## Extracted entries
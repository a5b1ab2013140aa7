-- ===== src/Map/Laws.antt =====
-- The laws of a map in terms of `lookup`.
use editrig_go.Base.{
  ◌∙◌, false, Option, none, some, [], ◌∷◌, String, ◌==◌, ◌≡◌, refl, arith, eq_iff, eq_refl, ◌||◌,
  mem_text, if◌then◌else◌,
}
use editrig_go.Map.{Map, lookup, insert, delete, copy_into, keys, has}

module _ {ℓ} {V : Type ℓ} where
  pub lookup-insert :
      (key asked : String) (new : V) (m : Map V)
      → lookup asked (insert key new m) ≡ (if key == asked then some new else lookup asked m)
  unfolding lookup insert
  lookup-insert key asked new [] = refl
  lookup-insert key asked new ((name, old) ∷ rest) = ground (
    arith,
    eq_iff key asked,
    eq_iff name key,
    eq_iff name asked,
    lookup-insert key asked new rest,
  )

  pub lookup-delete :
      (k j : String) (m : Map V) → lookup j (delete k m) ≡ (if k == j then none else lookup j m)
  unfolding lookup delete
  lookup-delete k j [] = ground arith
  lookup-delete k j ((i, w) ∷ m) =
      ground (arith, eq_iff k j, eq_iff i k, eq_iff i j, lookup-delete k j m)

  pub has-insert : (k j : String) (v : V) (m : Map V) → has j (insert k v m) ≡ (k == j || has j m)
  has-insert k j v m = ground (arith, lookup-insert k j v m)

  -- `delete` of a missing key changes no lookup, and one of `k` leaves the others.
  pub lookup-delete_self : (k : String) (m : Map V) → lookup k (delete k m) ≡ none
  lookup-delete_self k m = ground (arith, lookup-delete k k m, eq_refl k)

  pub mem_text-keys : (k : String) (m : Map V) → mem_text k (keys m) ≡ has k m
  unfolding keys lookup
  mem_text-keys k [] = refl
  mem_text-keys k ((j, v) ∷ m) = ground (arith, mem_text-keys k m)

  -- No key twice, as in every Go map.
  abbrev pub HasDistinctKeys : Map V → Type 0
  HasDistinctKeys [] = Unit
  HasDistinctKeys ((k, v) ∷ m) = (has k m ≡ false) × HasDistinctKeys m

  abbrev pub or_else : Option V → Option V → Option V
  or_else none o = o
  or_else (some v) o = some v

  pub lookup-copy_into :
      (src dst : Map V) (k : String)
      → HasDistinctKeys src
      → lookup k (copy_into src dst) ≡ or_else (lookup k src) (lookup k dst)
  unfolding copy_into lookup
  lookup-copy_into [] dst k d = refl
  lookup-copy_into ((j, v) ∷ src) dst k (apart, d) =
      lookup-copy_into src (insert j v dst) k d
      ∙ ground (arith, lookup-insert j k v dst, eq_iff j k)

## Action item
Among the lines above, return those that hold the word "Option".

## Response to this exercise
  ◌∙◌, false, Option, none, some, [], ◌∷◌, String, ◌==◌, ◌≡◌, refl, arith, eq_iff, eq_refl, ◌||◌,
  abbrev pub or_else : Option V → Option V → Option V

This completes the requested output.